[Opening AVAILABLE DATA section]

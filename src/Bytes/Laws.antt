-- ===== src/Bytes/Laws.antt =====
-- The words of a buffer: reading back a write, the other words, lengths.
use klee_testfs.Common.{
  ℕ, zero, suc, ◌+◌, ◌*◌, ◌/◌, ◌%◌, ◌^◌, ◌≤◌, ◌<◌, ◌≡◌, refl, ap, ◌∙◌, ◌≢◌, [], ◌∷◌, ◌++◌, arith,
  length, ℤ, IsInt, int_of_u32, u32_of_int, u32_of_int-lt, int_of_u32-u32_of_int, take, drop,
  replicate, set, slice, slice-set_after, slice-set_before,
}
use native.Mathlib.Decide.{dec_lt}
use klee_testfs.Bytes.{Bytes, IsBytes, word_of, get_word, set_word, get_int, set_int}

pub word_of-bytes_of :
    (u : ℕ)
    → u < 2 ^ 32
    → word_of (u % 256) (u / 256 % 256) (u / 65536 % 256) (u / 16777216 % 256) ≡ u
unfolding word_of
word_of-bytes_of u h = omega arith

pub word_of-lt : (a b c d : ℕ) → a < 256 → b < 256 → c < 256 → d < 256 → word_of a b c d < 2 ^ 32
unfolding word_of
word_of-lt a b c d ha hb hc hd = omega arith

pub length-set_word : (bs : Bytes) (i u : ℕ) → length (set_word bs i u) ≡ length bs
unfolding set_word
length-set_word (a ∷ b ∷ c ∷ d ∷ rest) zero u = refl
length-set_word (a ∷ b ∷ c ∷ d ∷ rest) (suc i) u = omega (arith, length-set_word rest i u)
length-set_word [] i u = refl
length-set_word (a ∷ []) i u = refl
length-set_word (a ∷ b ∷ []) i u = refl
length-set_word (a ∷ b ∷ c ∷ []) i u = refl

pub get_word-set_word_self :
    (bs : Bytes) (i u : ℕ) → 4 * i + 3 < length bs → u < 2 ^ 32 → get_word (set_word bs i u) i ≡ u
unfolding get_word set_word
get_word-set_word_self (a ∷ b ∷ c ∷ d ∷ rest) zero u h lt = word_of-bytes_of u lt
get_word-set_word_self (a ∷ b ∷ c ∷ d ∷ rest) (suc i) u h lt =
    get_word-set_word_self rest i u (omega arith) lt
get_word-set_word_self [] i u h lt = absurd (omega arith)
get_word-set_word_self (a ∷ []) i u h lt = absurd (omega arith)
get_word-set_word_self (a ∷ b ∷ []) i u h lt = absurd (omega arith)
get_word-set_word_self (a ∷ b ∷ c ∷ []) i u h lt = absurd (omega arith)

pub get_word-set_word_ne :
    (bs : Bytes) (i j u : ℕ) → i ≢ j → get_word (set_word bs i u) j ≡ get_word bs j
unfolding get_word set_word
get_word-set_word_ne (a ∷ b ∷ c ∷ d ∷ rest) zero zero u h = absurd (h refl)
get_word-set_word_ne (a ∷ b ∷ c ∷ d ∷ rest) zero (suc j) u h = refl
get_word-set_word_ne (a ∷ b ∷ c ∷ d ∷ rest) (suc i) zero u h = refl
get_word-set_word_ne (a ∷ b ∷ c ∷ d ∷ rest) (suc i) (suc j) u h =
    get_word-set_word_ne rest i j u (λ e. h (ap suc e))
get_word-set_word_ne [] i j u h = refl
get_word-set_word_ne (a ∷ []) i j u h = refl
get_word-set_word_ne (a ∷ b ∷ []) i j u h = refl
get_word-set_word_ne (a ∷ b ∷ c ∷ []) i j u h = refl

-- An int that is written is read back.
pub get_int-set_int_self :
    (bs : Bytes) (i : ℕ) (z : ℤ) → 4 * i + 3 < length bs → IsInt z → get_int (set_int bs i z) i ≡ z
unfolding get_int set_int
get_int-set_int_self bs i z h fits =
    rw (get_word-set_word_self bs i (u32_of_int z) h (u32_of_int-lt z))
      (int_of_u32-u32_of_int z fits)

pub get_int-set_int_ne :
    (bs : Bytes) (i j : ℕ) (z : ℤ) → i ≢ j → get_int (set_int bs i z) j ≡ get_int bs j
unfolding get_int set_int
get_int-set_int_ne bs i j z h = ap int_of_u32 (get_word-set_word_ne bs i j (u32_of_int z) h)

pub length-set_int : (bs : Bytes) (i : ℕ) (z : ℤ) → length (set_int bs i z) ≡ length bs
unfolding set_int
length-set_int bs i z = length-set_word bs i (u32_of_int z)

pub IsBytes-append : (xs ys : Bytes) → IsBytes xs → IsBytes ys → IsBytes (xs ++ ys)
IsBytes-append [] ys h k = k
IsBytes-append (x ∷ xs) ys h k = (h.0, IsBytes-append xs ys h.1 k)

pub IsBytes-take : (n : ℕ) (xs : Bytes) → IsBytes xs → IsBytes (take n xs)
IsBytes-take zero xs h = tt
IsBytes-take (suc n) [] h = tt
IsBytes-take (suc n) (x ∷ xs) h = (h.0, IsBytes-take n xs h.1)

pub IsBytes-drop : (n : ℕ) (xs : Bytes) → IsBytes xs → IsBytes (drop n xs)
IsBytes-drop zero xs h = h
IsBytes-drop (suc n) [] h = tt
IsBytes-drop (suc n) (x ∷ xs) h = IsBytes-drop n xs h.1

pub IsBytes-set : (xs : Bytes) (i v : ℕ) → IsBytes xs → v < 256 → IsBytes (set xs i v)
IsBytes-set [] i v h lt = tt
IsBytes-set (x ∷ xs) zero v h lt = (lt, h.1)
IsBytes-set (x ∷ xs) (suc i) v h lt = (h.0, IsBytes-set xs i v h.1 lt)

pub IsBytes-zeros : (n : ℕ) → IsBytes (replicate n 0)
IsBytes-zeros zero = tt
IsBytes-zeros (suc n) = (omega arith, IsBytes-zeros n)

-- A word is written by four bytes.
abbrev quad : ℕ → ℕ
quad zero = 0
quad (suc k) = suc (suc (suc (suc (quad k))))

quad_lem : (k : ℕ) → quad k ≡ 4 * k
quad_lem zero = refl
quad_lem (suc k) = omega (arith, quad_lem k)

abbrev set_four : Bytes → ℕ → ℕ → Bytes
set_four bs i u =
    set (set (set (set bs i (u % 256)) (suc i) (u / 256 % 256)) (suc (suc i)) (u / 65536 % 256))
      (suc (suc (suc i))) (u / 16777216 % 256)

set_word-set_four :
    (bs : Bytes) (k u : ℕ) → 4 * k + 3 < length bs → set_word bs k u ≡ set_four bs (quad k) u
unfolding set_word
set_word-set_four (a ∷ b ∷ c ∷ d ∷ rest) zero u h = refl
set_word-set_four (a ∷ b ∷ c ∷ d ∷ rest) (suc k) u h =
    ap (λ r. a ∷ b ∷ c ∷ d ∷ r) (set_word-set_four rest k u (omega arith))
set_word-set_four [] k u h = absurd (omega arith)
set_word-set_four (a ∷ []) k u h = absurd (omega arith)
set_word-set_four (a ∷ b ∷ []) k u h = absurd (omega arith)
set_word-set_four (a ∷ b ∷ c ∷ []) k u h = absurd (omega arith)

slice-set_four_after :
    (i n : ℕ) (bs : Bytes) (j u : ℕ) → i + n ≤ j → slice i n (set_four bs j u) ≡ slice i n bs
slice-set_four_after i n bs j u h =
    slice-set_after i n _ (suc (suc (suc j))) _ (omega arith)
    ∙ slice-set_after i n _ (suc (suc j)) _ (omega arith)
    ∙ slice-set_after i n _ (suc j) _ (omega arith)
    ∙ slice-set_after i n bs j _ h

slice-set_four_before :
    (i n : ℕ) (bs : Bytes) (j u : ℕ) → j + 4 ≤ i → slice i n (set_four bs j u) ≡ slice i n bs
slice-set_four_before i n bs j u h =
    slice-set_before i n _ (suc (suc (suc j))) _ (omega arith)
    ∙ slice-set_before i n _ (suc (suc j)) _ (omega arith)
    ∙ slice-set_before i n _ (suc j) _ (omega arith)
    ∙ slice-set_before i n bs j _ (omega arith)

-- A block of words that the written word is not in.
pub slice-set_word :
    (bs : Bytes) (j k u : ℕ)
    → 4 * k + 3 < length bs
    → j ≢ k / 16
    → slice (j * 64) 64 (set_word bs k u) ≡ slice (j * 64) 64 bs
slice-set_word bs j k u inside ne =
    ap (slice (j * 64) 64) (set_word-set_four bs k u inside) ∙ elim (dec_lt j (k / 16)) [
      | yes below ↦ slice-set_four_after (j * 64) 64 bs (quad k) u (omega (arith, quad_lem k))
      | no above ↦ slice-set_four_before (j * 64) 64 bs (quad k) u (omega (arith, quad_lem k))
    ]

pub get_word-lt : (xs : Bytes) (i : ℕ) → IsBytes xs → get_word xs i < 2 ^ 32
unfolding get_word
get_word-lt (a ∷ b ∷ c ∷ d ∷ rest) zero h = word_of-lt a b c d h.0 h.1.0 h.1.1.0 h.1.1.1.0
get_word-lt (a ∷ b ∷ c ∷ d ∷ rest) (suc i) h = get_word-lt rest i h.1.1.1.1
get_word-lt [] i h = omega arith
get_word-lt (a ∷ []) i h = omega arith
get_word-lt (a ∷ b ∷ []) i h = omega arith
get_word-lt (a ∷ b ∷ c ∷ []) i h = omega arith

[Closing AVAILABLE DATA section]

→ TASK OBJECTIVE
From the records above, copy only the lines starting with the line that holds "pub IsBytes-append : (xs" and going on through the line that holds "slice-set_four_after i n", exactly as written.

→ SOLUTION FOR THIS EXERCISE
pub IsBytes-append : (xs ys : Bytes) → IsBytes xs → IsBytes ys → IsBytes (xs ++ ys)
IsBytes-append [] ys h k = k
IsBytes-append (x ∷ xs) ys h k = (h.0, IsBytes-append xs ys h.1 k)

pub IsBytes-take : (n : ℕ) (xs : Bytes) → IsBytes xs → IsBytes (take n xs)
IsBytes-take zero xs h = tt
IsBytes-take (suc n) [] h = tt
IsBytes-take (suc n) (x ∷ xs) h = (h.0, IsBytes-take n xs h.1)

pub IsBytes-drop : (n : ℕ) (xs : Bytes) → IsBytes xs → IsBytes (drop n xs)
IsBytes-drop zero xs h = h
IsBytes-drop (suc n) [] h = tt
IsBytes-drop (suc n) (x ∷ xs) h = IsBytes-drop n xs h.1

pub IsBytes-set : (xs : Bytes) (i v : ℕ) → IsBytes xs → v < 256 → IsBytes (set xs i v)
IsBytes-set [] i v h lt = tt
IsBytes-set (x ∷ xs) zero v h lt = (lt, h.1)
IsBytes-set (x ∷ xs) (suc i) v h lt = (h.0, IsBytes-set xs i v h.1 lt)

pub IsBytes-zeros : (n : ℕ) → IsBytes (replicate n 0)
IsBytes-zeros zero = tt
IsBytes-zeros (suc n) = (omega arith, IsBytes-zeros n)

-- A word is written by four bytes.
abbrev quad : ℕ → ℕ
quad zero = 0
quad (suc k) = suc (suc (suc (suc (quad k))))

quad_lem : (k : ℕ) → quad k ≡ 4 * k
quad_lem zero = refl
quad_lem (suc k) = omega (arith, quad_lem k)

abbrev set_four : Bytes → ℕ → ℕ → Bytes
set_four bs i u =
    set (set (set (set bs i (u % 256)) (suc i) (u / 256 % 256)) (suc (suc i)) (u / 65536 % 256))
      (suc (suc (suc i))) (u / 16777216 % 256)

set_word-set_four :
    (bs : Bytes) (k u : ℕ) → 4 * k + 3 < length bs → set_word bs k u ≡ set_four bs (quad k) u
unfolding set_word
set_word-set_four (a ∷ b ∷ c ∷ d ∷ rest) zero u h = refl
set_word-set_four (a ∷ b ∷ c ∷ d ∷ rest) (suc k) u h =
    ap (λ r. a ∷ b ∷ c ∷ d ∷ r) (set_word-set_four rest k u (omega arith))
set_word-set_four [] k u h = absurd (omega arith)
set_word-set_four (a ∷ []) k u h = absurd (omega arith)
set_word-set_four (a ∷ b ∷ []) k u h = absurd (omega arith)
set_word-set_four (a ∷ b ∷ c ∷ []) k u h = absurd (omega arith)

slice-set_four_after :
    (i n : ℕ) (bs : Bytes) (j u : ℕ) → i + n ≤ j → slice i n (set_four bs j u) ≡ slice i n bs
slice-set_four_after i n bs j u h =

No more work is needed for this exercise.